Where this really can make a difference is in cloud implementations where you are paying for more than just compute and storage resources. In addition to having the fixed costs of hardware resources for Azure VM, SQL Database, or AWS EC2 or RDS, there is an added cost for network traffic to and from the cloud that is tacked on to the billing for each month. Reducing the buffers going across the wire will lower the TCO for the solution over time, and the code changes required to implement this savings are relatively simple.
Interestingly enough, to avoid conversion for varchar you need to use SqlDataRecord, not a DataTable, and you also need to set a primary key (if applicable) to avoid a sort. Also SqlDataRecord can stream without buffering, unlike DataTable. But it is more coding work for little gain on small datasets.

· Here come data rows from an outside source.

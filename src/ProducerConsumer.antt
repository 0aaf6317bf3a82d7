-- ===== src/ProducerConsumer.antt =====
-- Tasklets, their queue, and the threads that fill and empty it, include/nebula/producer_consumer.h.
-- A tasklet is known by its address. What the virtual methods of its class do is not part of the
-- code: `process` is a parameter, and every call of a hook is an event in a log. A queue operation
-- holds the lock from its first to its last access, and is one step here; Locked has its single
-- steps.
pub mod Flow
pub mod Fifo
pub mod Life
pub mod Locked
pub mod Named
mod Tests
use libnebula.Prelude.{
  ℕ, zero, suc, ◌+◌, Bool, true, false, ◌&&◌, ◌||◌, not, Option, none, some, List, [], ◌∷◌, ◌++◌,
  ltb, ◌==◌, if◌then◌else◌, length,
}

-- `Tasklet::Result::Constants`; `process` may also return a number outside it.
pub data Result : Type 0 where
  not_available success failed aborted cancelled : Result
  other : ℕ → Result

-- The calls that a run makes, with the tasklet that they are for.
pub data Event : Type 0 where
  processed : ℕ → Event
  reported : ℕ → Result → Event
  prepared : ℕ → Event
  deleted : ℕ → Event

abbrev pub Log : Type 0
Log = List Event

pub record Tasklet : Type 0 where
  pub address : ℕ
  pub result : Result

-- One arm of the switch in `execute`: `result_ = r; reportResult(result_)`.
abbrev conclude : Result → Tasklet × Log → Tasklet × Log
conclude r (t, log) = (record t { result = r }, log ++ reported t.address r ∷ [])

-- The switch. The arm of NOT_AVAILABLE has no `break`, and runs into that of SUCCESS.
abbrev pub switch : Result → Tasklet × Log → Tasklet × Log
switch not_available s = conclude success (conclude not_available s)
switch success s = conclude success s
switch failed s = conclude failed s
switch aborted s = conclude aborted s
switch cancelled s = conclude cancelled s
switch (other n) s = s

module _ (process : ℕ → Result) where
  pub execute : Tasklet → Log → Tasklet × Log
  execute t log = switch (process t.address) (t, log ++ processed t.address ∷ [])

  -- A round of `fetchTaskletAndExecute` on a tasklet that was fetched.
  abbrev pub serve : ℕ → Log → Log
  serve t log =
      let (t', log') =
        execute (record { address = t; result = not_available }) (log ++ prepared t ∷ []) in
      log' ++ deleted t ∷ []

  -- The loop of `fetchTaskletAndExecute`, over the items of the queue: the count, the items that
  -- are left, and the log. No thread touches the queue meanwhile.
  pub fetch_loop : ℕ → ℕ → List ℕ → Log → ℕ × List ℕ × Log
  fetch_loop limit count [] log = (count, [], log)
  fetch_loop limit count (t ∷ items) log =
      let rest = fetch_loop limit (count + 1) items (serve t log) in
      if limit == 0 || ltb count limit then rest else (count, t ∷ items, log)

  -- The queue of the thread, if it is attached to one.
  pub fetch_tasklet_and_execute : ℕ → Option (List ℕ) → Log → ℕ × Option (List ℕ) × Log
  unfolding fetch_loop
  fetch_tasklet_and_execute limit none log = (0, none, log)
  fetch_tasklet_and_execute limit (some items) log =
      let (count, items', log') = fetch_loop limit 0 items log in (count, some items', log')

  -- `Consumer::routine`: the values that `getStopFlag` returns, one for each test of the loop.
  pub consumer_routine : List Bool → Option (List ℕ) → Log → Option (List ℕ) × Log
  consumer_routine [] queue log = (queue, log)
  consumer_routine (false ∷ flags) queue log = (queue, log)
  consumer_routine (true ∷ flags) queue log =
      let (count, queue', log') = fetch_tasklet_and_execute 0 queue log in
      consumer_routine flags queue' log'

-- `Queue`: `pushTasklet`, `popTasklet`, `size`, `isEmpty` and the destructor.
pub push_tasklet : ℕ → List ℕ → List ℕ
push_tasklet t items = items ++ t ∷ []

pub pop_tasklet : List ℕ → Option ℕ × List ℕ
pop_tasklet [] = (none, [])
pop_tasklet (t ∷ items) = (some t, items)

unfoldable pub size : List ℕ → ℕ
size items = length items

unfoldable pub is_empty : List ℕ → Bool
is_empty [] = true
is_empty (t ∷ items) = false

pub destroy_queue : List ℕ → Log → Log
destroy_queue [] log = log
destroy_queue (t ∷ items) log = destroy_queue items (log ++ reported t cancelled ∷ deleted t ∷ [])

-- `dispatchTasklet`
pub dispatch_tasklet : ℕ → Option (List ℕ) → Bool × Option (List ℕ)
dispatch_tasklet t none = (false, none)
dispatch_tasklet t (some items) = (true, some (push_tasklet t items))

-- The loop of `generateTaskletAndDispatch`. The list holds what `generateNextTasklet` returns, NULL
-- after its end; the result has what it would return next.
pub generate_loop : ℕ → ℕ → List ℕ → Option (List ℕ) → Log → ℕ × List ℕ × Option (List ℕ) × Log
generate_loop limit count [] queue log = (count, [], queue, log)
generate_loop limit count (t ∷ supply) queue log =
    let (done, queue') = dispatch_tasklet t queue in
    let ready = log ++ prepared t ∷ [] in
    let rest =
      generate_loop limit (count + 1) supply queue'
        (if done then ready else ready ++ deleted t ∷ []) in
    if limit == 0 || ltb count limit then rest else (count, t ∷ supply, queue, log)

pub generate_tasklet_and_dispatch :
    ℕ → List ℕ → Option (List ℕ) → Log → ℕ × List ℕ × Option (List ℕ) × Log
unfolding generate_loop
generate_tasklet_and_dispatch limit supply queue log = generate_loop limit 0 supply queue log

-- `Producer::routine`: the flags that its loop reads, each with what `generateNextTasklet` has to
-- give in that round before it returns NULL.
unfoldable pub producer_routine :
    List (Bool × List ℕ) → Option (List ℕ) → Log → Option (List ℕ) × Log
producer_routine [] queue log = (queue, log)
producer_routine ((true, supply) ∷ rounds) queue log = (queue, log)
producer_routine ((false, supply) ∷ rounds) queue log =
    let (count, left, queue', log') = generate_tasklet_and_dispatch 0 supply queue log in
    producer_routine rounds queue' log'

Sommarskog points all this out in his famous article:
http://www.sommarskog.se/arrays-in-sql-2008.html
in section 5.
Should numeric/decimal data types Decimal include precision & scale? We're dealing with $$ amounts at scale numeric(38,4)
(Not the author, but) I believe precision / scale / length etc. for any variable length types should just always be specified, as a best practice.
I can add those to a test and rerun it pretty quickly and give you numbers that would reflect if there is a significant TDS buffer difference in the packets sent for different sizes but the default wouldn't be as bad as a LOB string being passed due to limits on how large those types can be.